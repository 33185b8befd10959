-- ===== src/Mongo.antt =====
-- What the repositories use of the MongoDB driver (go.mongodb.org/mongo-driver), which is not part of
-- the repository: a collection of documents of one type, as a parameter with its documented behaviour
-- as laws. A filter is a test on documents, an update a function on them; a document is typed, and
-- decoding it is part of the call. A call may fail, and a failed write may or may not have been made.
pub mod Documents
use edn_core.Prelude.{
  ℕ, zero, suc, ◌≤◌, ◌<◌, ◌≡◌, ◌⊎◌, Bool, true, false, ◌&&◌, ◌||◌, Option, none, some, List, [],
  ◌∷◌, length, any, holds,
}
use edn_core.Text.{Text, Text-discrete}

pub data InsertOutcome : Type 0 where
  inserted duplicate_key insert_failed : InsertOutcome

pub data Fetch (D : Type 0) : Type 0 where
  found : D → Fetch D
  no_documents fetch_failed : Fetch D

pub data FetchAll (D : Type 0) : Type 0 where
  fetched : List D → FetchAll D
  query_failed : FetchAll D

-- How many documents the filter matched.
pub data UpdateOutcome : Type 0 where
  matched : ℕ → UpdateOutcome
  update_failed : UpdateOutcome

pub data Count : Type 0 where
  counted : ℕ → Count
  count_failed : Count

-- `before` says that a document may stand before another one.
pub record Collection (D : Type 0) : Type 1 where
  pub State : Type 0
  -- the stored documents, in an order that means nothing
  pub docs : State → List D
  pub insert_one : D → State → State × InsertOutcome
  pub find_one : (D → Bool) → State → Fetch D
  pub find_first : (D → Bool) → (D → D → Bool) → State → Fetch D
  pub find : (D → Bool) → State → FetchAll D
  pub find_sorted : (D → Bool) → (D → D → Bool) → Option ℕ → State → FetchAll D
  pub update_one : (D → Bool) → (D → D) → State → State × UpdateOutcome
  -- UpdateOne with upsert: the document that is inserted where the filter matches none
  pub upsert_one : (D → Bool) → (D → D) → D → State → State × UpdateOutcome
  pub count_documents : (D → Bool) → State → Count

-- A unique index: the values of its fields, and the documents that it holds (a sparse index holds
-- those that have the field).
pub record UniqueIndex (D : Type 0) : Type 0 where
  pub fields : D → List Text
  pub holds_document : D → Bool

unfoldable pub Texts-discrete : Discrete (List Text)
unfolding Text-discrete
Texts-discrete = hlevel Text-discrete

module _ {D : Type 0} where
  abbrev pub clash : List (UniqueIndex D) → D → D → Bool
  clash [] a b = false
  clash (i ∷ is) a b =
      i.holds_document a && (i.holds_document b && holds (Texts-discrete (i.fields a) (i.fields b)))
      || clash is a b

  abbrev pub clashes : List (UniqueIndex D) → D → List D → Bool
  clashes is d = any (clash is d)

  abbrev pub Has : D → List D → Type 0
  Has d [] = ⊥
  Has d (x ∷ xs) = (d ≡ x) ⊎ Has d xs

  -- One document that the filter matches is replaced.
  pub data Replaced (p : D → Bool) (f : D → D) : List D → List D → Type 0 where
    here : (x : D) (xs : List D) → p x ≡ true → Replaced p f (x ∷ xs) (f x ∷ xs)
    there : (x : D) (xs ys : List D) → Replaced p f xs ys → Replaced p f (x ∷ xs) (x ∷ ys)

  abbrev pub Inserted : List (UniqueIndex D) → D → List D → InsertOutcome → List D → Type 0
  Inserted is d xs inserted ys = (clashes is d xs ≡ false) × (ys ≡ d ∷ xs)
  Inserted is d xs duplicate_key ys = (clashes is d xs ≡ true) × (ys ≡ xs)
  Inserted is d xs insert_failed ys = (ys ≡ xs) ⊎ ((clashes is d xs ≡ false) × (ys ≡ d ∷ xs))

  abbrev pub FoundOne : (D → Bool) → List D → Fetch D → Type 0
  FoundOne p xs (found d) = Has d xs × (p d ≡ true)
  FoundOne p xs no_documents = any p xs ≡ false
  FoundOne p xs fetch_failed = Unit

  -- None of those that match has to stand before the one found.
  abbrev pub FoundFirst : (D → Bool) → (D → D → Bool) → List D → Fetch D → Type 0
  FoundFirst p before xs (found d) =
      Has d xs × (p d ≡ true) × ((x : D) → Has x xs → p x ≡ true → before d x ≡ true)
  FoundFirst p before xs no_documents = any p xs ≡ false
  FoundFirst p before xs fetch_failed = Unit

  -- Exactly the documents that match.
  abbrev FoundAll : (D → Bool) → List D → FetchAll D → Type 0
  FoundAll p xs (fetched ds) =
      ((x : D) → Has x ds → Has x xs × (p x ≡ true)) × ((x : D) → Has x xs → p x ≡ true → Has x ds)
  FoundAll p xs query_failed = Unit

  -- Each document may stand before all that follow it.
  abbrev pub Sorted : (D → D → Bool) → List D → Type 0
  Sorted before [] = Unit
  Sorted before (x ∷ ds) = ((y : D) → Has y ds → before x y ≡ true) × Sorted before ds

  -- What the driver can sort by.
  pub record IsOrder (before : D → D → Bool) : Type 0 where
    pub total : (a b : D) → (before a b ≡ true) ⊎ (before b a ≡ true)
    pub trans : (a b c : D) → before a b ≡ true → before b c ≡ true → before a c ≡ true

  -- The first ones of those that match: what is left out stands behind what is there.
  abbrev pub Limited : Option ℕ → (D → Bool) → (D → D → Bool) → List D → List D → Type 0
  Limited none p before xs ds = (x : D) → Has x xs → p x ≡ true → Has x ds
  Limited (some n) p before xs ds =
      (length ds ≤ n)
      × ((x : D)
          → Has x xs
          → p x ≡ true
          → Has x ds ⊎ ((n ≡ length ds) × ((y : D) → Has y ds → before y x ≡ true)))

  abbrev pub FoundSorted : (D → Bool) → (D → D → Bool) → Option ℕ → List D → FetchAll D → Type 0
  FoundSorted p before limit xs (fetched ds) =
      ((x : D) → Has x ds → Has x xs × (p x ≡ true))
      × Sorted before ds
      × Limited limit p before xs ds
  FoundSorted p before limit xs query_failed = Unit

  abbrev pub Updated : (D → Bool) → (D → D) → List D → UpdateOutcome → List D → Type 0
  Updated p f xs (matched zero) ys = (any p xs ≡ false) × (ys ≡ xs)
  Updated p f xs (matched (suc _)) ys = Replaced p f xs ys
  Updated p f xs update_failed ys = (ys ≡ xs) ⊎ Replaced p f xs ys

  -- An upsert inserts where nothing matches, unless a unique index forbids it.
  abbrev pub Upserted :
      List (UniqueIndex D) → (D → Bool) → (D → D) → D → List D → UpdateOutcome → List D → Type 0
  Upserted is p f d xs (matched zero) ys =
      (any p xs ≡ false) × (clashes is d xs ≡ false) × (ys ≡ d ∷ xs)
  Upserted is p f d xs (matched (suc _)) ys = Replaced p f xs ys
  Upserted is p f d xs update_failed ys =
      (ys ≡ xs)
      ⊎ (Replaced p f xs ys ⊎ ((any p xs ≡ false) × (clashes is d xs ≡ false) × (ys ≡ d ∷ xs)))

  abbrev pub Counted : (D → Bool) → List D → Count → Type 0
  Counted p xs (counted zero) = any p xs ≡ false
  Counted p xs (counted (suc _)) = any p xs ≡ true
  Counted p xs count_failed = Unit

-- The documented behaviour, for the unique indexes of the collection.
pub record CollectionLaws {D : Type 0} (is : List (UniqueIndex D)) (c : Collection D) : Type 0 where
  pub insert_law :
      (d : D) (s : c.State)
      → Inserted is d (c.docs s) (c.insert_one d s).1 (c.docs (c.insert_one d s).0)
  pub find_one_law : (p : D → Bool) (s : c.State) → FoundOne p (c.docs s) (c.find_one p s)
  pub find_first_law :
      (p : D → Bool) (before : D → D → Bool) (s : c.State)
      → IsOrder before
      → FoundFirst p before (c.docs s) (c.find_first p before s)
  pub find_law : (p : D → Bool) (s : c.State) → FoundAll p (c.docs s) (c.find p s)
  pub find_sorted_law :
      (p : D → Bool) (before : D → D → Bool) (limit : Option ℕ) (s : c.State)
      → IsOrder before
      → FoundSorted p before limit (c.docs s) (c.find_sorted p before limit s)
  pub update_law :
      (p : D → Bool) (f : D → D) (s : c.State)
      → Updated p f (c.docs s) (c.update_one p f s).1 (c.docs (c.update_one p f s).0)
  pub upsert_law :
      (p : D → Bool) (f : D → D) (d : D) (s : c.State)
      → Upserted is p f d (c.docs s) (c.upsert_one p f d s).1 (c.docs (c.upsert_one p f d s).0)
  pub count_law : (p : D → Bool) (s : c.State) → Counted p (c.docs s) (c.count_documents p s)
- - -
• Work to complete:
The lines above starting at the one that contains "unfolding Text-discrete" and ending at the one that contains "Inserted is d xs duplicate_key" must be transcribed exactly, and no other lines may appear.

• Answer:
unfolding Text-discrete
Texts-discrete = hlevel Text-discrete

module _ {D : Type 0} where
  abbrev pub clash : List (UniqueIndex D) → D → D → Bool
  clash [] a b = false
  clash (i ∷ is) a b =
      i.holds_document a && (i.holds_document b && holds (Texts-discrete (i.fields a) (i.fields b)))
      || clash is a b

  abbrev pub clashes : List (UniqueIndex D) → D → List D → Bool
  clashes is d = any (clash is d)

  abbrev pub Has : D → List D → Type 0
  Has d [] = ⊥
  Has d (x ∷ xs) = (d ≡ x) ⊎ Has d xs

  -- One document that the filter matches is replaced.
  pub data Replaced (p : D → Bool) (f : D → D) : List D → List D → Type 0 where
    here : (x : D) (xs : List D) → p x ≡ true → Replaced p f (x ∷ xs) (f x ∷ xs)
    there : (x : D) (xs ys : List D) → Replaced p f xs ys → Replaced p f (x ∷ xs) (x ∷ ys)

  abbrev pub Inserted : List (UniqueIndex D) → D → List D → InsertOutcome → List D → Type 0
  Inserted is d xs inserted ys = (clashes is d xs ≡ false) × (ys ≡ d ∷ xs)
  Inserted is d xs duplicate_key ys = (clashes is d xs ≡ true) × (ys ≡ xs)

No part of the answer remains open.